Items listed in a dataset

★ ★ ★ ★

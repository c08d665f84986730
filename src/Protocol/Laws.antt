-- ===== src/Protocol/Laws.antt =====
-- What an accepted command is, and how the operations divide between the streams.
use bifrost_platform_plugin.Prelude.{
  ◌≡◌, refl, All, ℤ, true, false, not, List, [], ◌∷◌, Option, some, arith, Bool-cases, inl, inr,
  ◌∙◌, ap,
}
use bifrost_platform_plugin.Text.{Text, txt, Fields, strip, text_eq, mem_text, get, get_text}
use bifrost_platform_plugin.Text.Laws.{text_eq→eq, mem_text-append}
use bifrost_platform_plugin.Json.{Python, Json}
use bifrost_platform_plugin.Protocol.{
  protocol_version, all_ops, read_only_ops, prod_only_ops, CommandMessage, accepted, finish_parse,
  parse_stream_fields, or_text, read_deadline,
}

-- What the operator loop may rely on in a parsed command.
pub record IsCommand (fields : Fields) (stream_id : Text) (msg : CommandMessage) : Type 0 where
  pub req_id_given : text_eq msg.req_id [] ≡ false
  pub req_id_read : msg.req_id ≡ strip (get_text (txt "req_id") fields)
  pub op_read : msg.op ≡ strip (get_text (txt "op") fields)
  pub op_known : mem_text msg.op all_ops ≡ true
  pub version_known : msg.version ≡ protocol_version
  pub stream_id_kept : msg.stream_id ≡ stream_id

finish_parse-accepted :
    (req_id ver op caller stream_id : Text) (d : Option (Option ℤ)) (p : Option Json)
    (msg : CommandMessage)
    → finish_parse req_id ver op caller d stream_id p ≡ accepted msg
    → (msg.req_id ≡ req_id) × (msg.op ≡ op) × (msg.version ≡ ver) × (msg.stream_id ≡ stream_id)
unfolding finish_parse
finish_parse-accepted req_id ver op caller stream_id d p msg h = ground arith

-- A command that is accepted has a request id and a known operation, both stripped, version 1 and
-- the id of its entry.
pub parse_stream_fields-IsCommand :
    (py : Python) (fields : Fields) (stream_id : Text) (msg : CommandMessage)
    → parse_stream_fields py fields stream_id ≡ accepted msg
    → IsCommand fields stream_id msg
unfolding parse_stream_fields
parse_stream_fields-IsCommand py fields stream_id msg h =
    let ver =
      or_text (strip (or_text (get_text (txt "v") fields) protocol_version)) protocol_version in
    ground (
      arith,
      text_eq→eq ver protocol_version,
      finish_parse-accepted (strip (get_text (txt "req_id") fields)) ver
          (strip (get_text (txt "op") fields))
          (or_text (strip (get_text (txt "caller") fields)) (txt "unknown")) stream_id
          (read_deadline (get (txt "deadline_ms") fields))
          (py.loads (or_text (get_text (txt "payload") fields) (txt "{}"))) msg,
    )

finish_parse-deadline :
    (req_id ver op caller stream_id : Text) (d : ℤ) (p : Option Json) (msg : CommandMessage)
    → finish_parse req_id ver op caller (some (some d)) stream_id p ≡ accepted msg
    → msg.deadline_ms ≡ some d
unfolding finish_parse
finish_parse-deadline req_id ver op caller stream_id d p msg h = ground arith

-- An accepted command carries the number of its field deadline_ms.
pub parse-deadline :
    (py : Python) (fields : Fields) (stream_id : Text) (msg : CommandMessage) (d : ℤ)
    → parse_stream_fields py fields stream_id ≡ accepted msg
    → read_deadline (get (txt "deadline_ms") fields) ≡ some (some d)
    → msg.deadline_ms ≡ some d
unfolding parse_stream_fields
parse-deadline py fields stream_id msg d h read =
    let ver =
      or_text (strip (or_text (get_text (txt "v") fields) protocol_version)) protocol_version in
    let given = rw read at h in
    ground (
      arith,
      finish_parse-deadline (strip (get_text (txt "req_id") fields)) ver
          (strip (get_text (txt "op") fields))
          (or_text (strip (get_text (txt "caller") fields)) (txt "unknown")) stream_id d
          (py.loads (or_text (get_text (txt "payload") fields) (txt "{}"))) msg,
    )

disjoint :
    (op : Text) (xs ys : List Text)
    → All (λ x. mem_text x ys ≡ false) xs
    → mem_text op xs ≡ true
    → mem_text op ys ≡ false
unfolding mem_text
disjoint op [] ys h m = cc
disjoint op (x ∷ xs) ys h m = elim (Bool-cases (text_eq op x)) [
  | inl e ↦ ap (λ t. mem_text t ys) (text_eq→eq op x e) ∙ h.0
  | inr e ↦ disjoint op xs ys h.1 (rw e at m)
]

-- Every operation of the protocol is on exactly one of the two lists: a read operation for all
-- streams, or one for the production stream alone.
pub op_one_allowlist :
    (op : Text)
    → mem_text op all_ops ≡ true
    → mem_text op read_only_ops ≡ not (mem_text op prod_only_ops)
op_one_allowlist op h = elim (Bool-cases (mem_text op read_only_ops)) [
  | inl r ↦ rw (r, disjoint op read_only_ops prod_only_ops read_not_prod r)
  | inr r ↦ ground (arith, mem_text-append op read_only_ops prod_only_ops)
]
  where
    read_not_prod : All (λ x. mem_text x prod_only_ops ≡ false) read_only_ops
    read_not_prod =
        unfold mem_text text_eq in (refl, (refl, (refl, (refl, (refl, (refl, (refl, tt)))))))
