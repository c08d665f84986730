-- ===== src/Operator/Log.antt =====
-- Actions that return normally, with what they store and acknowledge on Redis.
use bifrost_platform_plugin.Prelude.{
  ◌≡◌, refl, ap, sym, ◌∙◌, List, [], ◌∷◌, ◌++◌, Bool, true, false, if◌then◌else◌, All, append-nil,
  append_assoc,
}
use bifrost_platform_plugin.Text.{Text}
use bifrost_platform_plugin.Effects.{Outcome, returned, Io, pure, lift, gets, for_each, ◌>>=◌}

-- A key that was set, or an entry that was acknowledged (stream, group, entry).
pub data Event : Type 0 where
  stored : Text → Event
  acked : Text → Text → Text → Event

-- The events of each element, in order.
abbrev pub flat_map : {A B : Type 0} → (A → List B) → List A → List B
flat_map f [] = []
flat_map f (x ∷ xs) = f x ++ flat_map f xs

-- `m` returns, and adds `events` to the log.
pub record Logs {W A : Type 0} (log : W → List Event) (m : Io W A) (events : List Event)
    : Type 0 where
  pub at : (w : W) → (a : A) × ((m w).0 ≡ returned a) × (log (m w).1 ≡ log w ++ events)

module _ {W : Type 0} (log : W → List Event) where
  pub Logs-pure : {A : Type 0} (a : A) → Logs log (pure a) []
  Logs-pure a = record { at = λ w. (a, refl, sym (append-nil (log w))) }

  pub Logs-gets : {A : Type 0} (f : W → A) → Logs log (gets f) []
  Logs-gets f = record { at = λ w. (f w, refl, sym (append-nil (log w))) }

  pub Logs-lift : {A : Type 0} (r : Outcome A) {a : A} → r ≡ returned a → Logs log (lift r) []
  Logs-lift r {a} e = record { at = λ w. (a, e, sym (append-nil (log w))) }

  pub Logs-bind :
      {A B : Type 0} (m : Io W A) (f : A → Io W B) (es fs : List Event)
      → Logs log m es
      → ((a : A) → Logs log (f a) fs)
      → Logs log (m >>= f) (es ++ fs)
  Logs-bind m f es fs lm lf = record {
    at = λ w.
        let (a, e, l) = lm.at w in
        let (b, e', l') = (lf a).at (m w).1 in
        rw e (b, e', l' ∙ ap (λ t. t ++ fs) l ∙ append_assoc (log w) es fs);
  }

  pub Logs-lift_bind :
      {A B : Type 0} (r : Outcome A) (f : A → Io W B) (es : List Event) {a : A}
      → r ≡ returned a
      → Logs log (f a) es
      → Logs log (lift r >>= f) es
  Logs-lift_bind r f es e lf = record { at = λ w. rw e (lf.at w) }

  pub Logs-if :
      {A : Type 0} (b : Bool) (m n : Io W A) (es : List Event)
      → Logs log m es
      → Logs log n es
      → Logs log (if b then m else n) es
  Logs-if true m n es lm ln = lm
  Logs-if false m n es lm ln = ln

  -- one event list for each element
  pub Logs-for_each :
      {A : Type 0} (body : A → Io W (Unit {0})) (events : A → List Event) (xs : List A)
      → All (λ x. Logs log (body x) (events x)) xs
      → Logs log (for_each body xs) (flat_map events xs)
  unfolding for_each
  Logs-for_each body events [] l = Logs-pure tt
  Logs-for_each body events (x ∷ xs) l =
      Logs-bind (body x) (λ _. for_each body xs) (events x) (flat_map events xs) l.0
        (λ _. Logs-for_each body events xs l.1)
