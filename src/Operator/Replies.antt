-- ===== src/Operator/Replies.antt =====
-- What the operator loop does with each entry, for any handler.
use bifrost_platform_plugin.Prelude.{
  ℕ, ◌≡◌, refl, sym, ◌∙◌, ◌⊎◌, inl, inr, not, List, [], ◌∷◌, ◌++◌, Option, Bool-cases, All,
  append-nil, ltb,
}
use bifrost_platform_plugin.Text.{Text, txt, Fields}
use bifrost_platform_plugin.Effects.{returned, attempt, gets, Env}
use bifrost_platform_plugin.Json.{Dict, Python, utf8_length}
use bifrost_platform_plugin.Redis.{Redis, StreamReply}
use bifrost_platform_plugin.RedisKeys.{ib_operator_consumer_group, ib_operator_result_prefix}
use bifrost_platform_plugin.Protocol.{
  CommandMessage, is_expired, fits, failed, catch_encode, dumps_result, default_max_bytes, Parsed,
  accepted, rejected, parse_stream_fields,
}
use bifrost_platform_plugin.Writer.{write_operator_result}
use bifrost_platform_plugin.Operator.{
  Handler, op_allowed_on_stream, failure, envelope_of, fields_of, write_if, write_again,
  write_dumped, respond, answer_at, answer, serve_parsed, process_entry, process_stream,
  handle_read,
}
use bifrost_platform_plugin.Operator.Log.{
  Event, stored, acked, Logs, Logs-pure, Logs-gets, Logs-lift_bind, Logs-bind, Logs-if,
  Logs-for_each, flat_map,
}

-- The message that one entry of a stream parses to.
abbrev pub parsed : Python → Text × Option Fields → Parsed
parsed py entry = parse_stream_fields py (fields_of entry.1) entry.0

-- The envelope that replaces a result which is too large does fit.
abbrev pub HasRoom : Python → Parsed → Type 0
HasRoom py (rejected message) = Unit
HasRoom py (accepted msg) =
    (c : ℕ) × (s : Text) × (dumps_result py (failure msg.req_id (txt "result_too_large"))
        default_max_bytes
      ≡ returned (fits (c ∷ s)))

abbrev pub served_events : Parsed → List Event
served_events (rejected message) = []
served_events (accepted msg) = stored (ib_operator_result_prefix ++ msg.req_id) ∷ []

-- One result for an entry that is a command, then one acknowledgement.
abbrev pub entry_events : Python → Text → Text × Option Fields → List Event
entry_events py stream entry =
    served_events (parsed py entry) ++ acked stream ib_operator_consumer_group entry.0 ∷ []

abbrev pub reply_events : Python → List StreamReply → List Event
reply_events py = flat_map (λ s. flat_map (entry_events py s.0) s.1)

-- Every text that JSON makes is a text of at least one character, and no conversion fails.
pub record Encodes (py : Python) : Type 0 where
  pub dumps_text : (d : Dict) → (s : Text) × (py.dumps d ≡ returned s)
  pub compact_text : (d : Dict) → (c : ℕ) × (s : Text) × (py.dumps_compact d ≡ returned (c ∷ s))

-- Redis answers each SET and XACK, and the log shows them.
pub record Answers {W : Type 0} (rds : Redis W) (log : W → List Event) : Type 0 where
  pub set_logs :
      (key value : Text) (ttl : Option ℕ) → Logs log (rds.set key value ttl) (stored key ∷ [])
  pub xack_logs :
      (stream group entry : Text)
      → Logs log (rds.xack stream group entry) (acked stream group entry ∷ [])

-- The handler may do anything else, and may raise.
abbrev pub IsQuiet : {W : Type 0} → (W → List Event) → Handler W → Type 0
IsQuiet log handler = (msg : CommandMessage) (w : _) → log (handler msg w).1 ≡ log w

pub dumps_cases :
    (py : Python) (d : Dict)
    → Encodes py
    → ((c : ℕ) × (s : Text) × (dumps_result py d default_max_bytes ≡ returned (fits (c ∷ s))))
      ⊎ (dumps_result py d default_max_bytes ≡ returned (failed (txt "result_too_large")))
unfolding dumps_result catch_encode
dumps_cases py d enc =
    let (c, s, e) = enc.compact_text d in
    elim (Bool-cases (ltb default_max_bytes (utf8_length (c ∷ s)))) [
      | inl big ↦ inr (rw (e, big) refl)
      | inr small ↦ inl (c, s, rw (e, small) refl)
    ]

module _ {W : Type 0} (rds : Redis W) (py : Python) (env : Env W) (log : W → List Event) where
  module _ (enc : Encodes py) (ans : Answers rds log) where
    write_operator_result-Logs :
        (req_id : Text) (envelope : Dict)
        → Logs log
            (write_operator_result rds py env req_id envelope)
            (stored (ib_operator_result_prefix ++ req_id) ∷ [])
    unfolding write_operator_result
    write_operator_result-Logs req_id envelope =
        let (s, e) = enc.dumps_text envelope in
        Logs-lift_bind log (py.dumps envelope) _ _ e
          (ans.set_logs (ib_operator_result_prefix ++ req_id) s _)

    respond-Logs :
        (msg : CommandMessage) (envelope : Dict)
        → HasRoom py (accepted msg)
        → Logs log (respond rds py env msg.req_id envelope) (served_events (accepted msg))
    unfolding respond write_dumped write_if write_again
    respond-Logs msg envelope (c, s, room) = elim (dumps_cases py envelope enc) [
      | inl (c', s', e) ↦
          Logs-lift_bind log (dumps_result py envelope default_max_bytes) _ _ e
            (write_operator_result-Logs msg.req_id envelope)
      | inr e ↦ Logs-lift_bind log (dumps_result py envelope default_max_bytes) _ _ e (
          Logs-lift_bind log
            (dumps_result py (failure msg.req_id (txt "result_too_large")) default_max_bytes) _ _
            room
            (write_operator_result-Logs msg.req_id (failure msg.req_id (txt "result_too_large"))))
    ]

    module _ (handler : Handler W) (quiet : IsQuiet log handler) where
      answer-Logs :
          (stream : Text) (msg : CommandMessage)
          → Logs log (answer rds py env handler stream msg) []
      unfolding answer answer_at
      answer-Logs stream msg =
          Logs-bind log (gets env.clock_ms) _ [] [] (Logs-gets log env.clock_ms) λ now.
            Logs-if log (is_expired now msg) _ _ []
              (Logs-pure log (failure msg.req_id (txt "deadline_expired")))
              (Logs-if log (not (op_allowed_on_stream msg.op stream)) _ _ []
                (Logs-pure log (failure msg.req_id (txt "op_not_allowed_on_stream:" ++ msg.op)))
                (Logs-bind log (attempt (handler msg)) _ [] []
                  (record {
                    at = λ w. ((handler msg w).0, refl, quiet msg w ∙ sym (append-nil (log w)));
                  })
                  (λ r. Logs-pure log (envelope_of msg.req_id r))))

      serve_parsed-Logs :
          (stream : Text) (p : Parsed)
          → HasRoom py p
          → Logs log (serve_parsed rds py env handler stream p) (served_events p)
      unfolding serve_parsed
      serve_parsed-Logs stream (rejected message) room = Logs-pure log tt
      serve_parsed-Logs stream (accepted msg) room =
          Logs-bind log (answer rds py env handler stream msg) (respond rds py env msg.req_id) [] _
            (answer-Logs stream msg) (λ envelope. respond-Logs msg envelope room)

      pub process_entry-Logs :
          (stream : Text) (entry : Text × Option Fields)
          → HasRoom py (parsed py entry)
          → Logs log
              (process_entry rds py env handler stream ib_operator_consumer_group entry)
              (entry_events py stream entry)
      unfolding process_entry
      process_entry-Logs stream entry room =
          Logs-bind log (serve_parsed rds py env handler stream (parsed py entry)) _ _ _
            (serve_parsed-Logs stream (parsed py entry) room)
            (λ _. ans.xack_logs stream ib_operator_consumer_group entry.0)

      AllRoom-Logs :
          (stream : Text) (entries : List (Text × Option Fields))
          → All (λ e. HasRoom py (parsed py e)) entries
          → All
              (λ e.
                Logs log
                  (process_entry rds py env handler stream ib_operator_consumer_group e)
                  (entry_events py stream e))
              entries
      AllRoom-Logs stream [] room = tt
      AllRoom-Logs stream (e ∷ es) room =
          (process_entry-Logs stream e room.0, AllRoom-Logs stream es room.1)

      streams-Logs :
          (reply : List StreamReply)
          → All (λ s. All (λ e. HasRoom py (parsed py e)) s.1) reply
          → All
              (λ s.
                Logs log (process_stream rds py env handler s) (flat_map (entry_events py s.0) s.1))
              reply
      unfolding process_stream
      streams-Logs [] room = tt
      streams-Logs ((stream, entries) ∷ reply) room = (
        Logs-for_each log (process_entry rds py env handler stream ib_operator_consumer_group)
            (entry_events py stream) entries (AllRoom-Logs stream entries room.0),
        streams-Logs reply room.1,
      )

      -- A reply of XREADGROUP is served to its end, whatever the handler does short of storing or
      -- acknowledging itself, if JSON and Redis answer and each too-large notice fits: the round
      -- returns, and the log has, entry by entry in the order of the reply, the result key of
      -- the entry if it is a command and then its acknowledgement on its own stream.
      pub handle_read-Logs :
          (reply : List StreamReply)
          → All (λ s. All (λ e. HasRoom py (parsed py e)) s.1) reply
          → Logs log (handle_read rds py env handler (returned reply)) (reply_events py reply)
      unfolding handle_read
      handle_read-Logs reply room =
          Logs-for_each log (process_stream rds py env handler)
            (λ s. flat_map (entry_events py s.0) s.1) reply (streams-Logs reply room)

★ ★ ★ ★

Please output exactly the lines between the one holding "log (f a) fs)" and the one holding "-- ===== src/Operator/Replies.antt" in the records above, inclusive, and nothing more.

** Result **
      → ((a : A) → Logs log (f a) fs)
      → Logs log (m >>= f) (es ++ fs)
  Logs-bind m f es fs lm lf = record {
    at = λ w.
        let (a, e, l) = lm.at w in
        let (b, e', l') = (lf a).at (m w).1 in
        rw e (b, e', l' ∙ ap (λ t. t ++ fs) l ∙ append_assoc (log w) es fs);
  }

  pub Logs-lift_bind :
      {A B : Type 0} (r : Outcome A) (f : A → Io W B) (es : List Event) {a : A}
      → r ≡ returned a
      → Logs log (f a) es
      → Logs log (lift r >>= f) es
  Logs-lift_bind r f es e lf = record { at = λ w. rw e (lf.at w) }

  pub Logs-if :
      {A : Type 0} (b : Bool) (m n : Io W A) (es : List Event)
      → Logs log m es
      → Logs log n es
      → Logs log (if b then m else n) es
  Logs-if true m n es lm ln = lm
  Logs-if false m n es lm ln = ln

  -- one event list for each element
  pub Logs-for_each :
      {A : Type 0} (body : A → Io W (Unit {0})) (events : A → List Event) (xs : List A)
      → All (λ x. Logs log (body x) (events x)) xs
      → Logs log (for_each body xs) (flat_map events xs)
  unfolding for_each
  Logs-for_each body events [] l = Logs-pure tt
  Logs-for_each body events (x ∷ xs) l =
      Logs-bind (body x) (λ _. for_each body xs) (events x) (flat_map events xs) l.0
        (λ _. Logs-for_each body events xs l.1)
filename src/Operator/Replies.antt
-- ===== src/Operator/Replies.antt =====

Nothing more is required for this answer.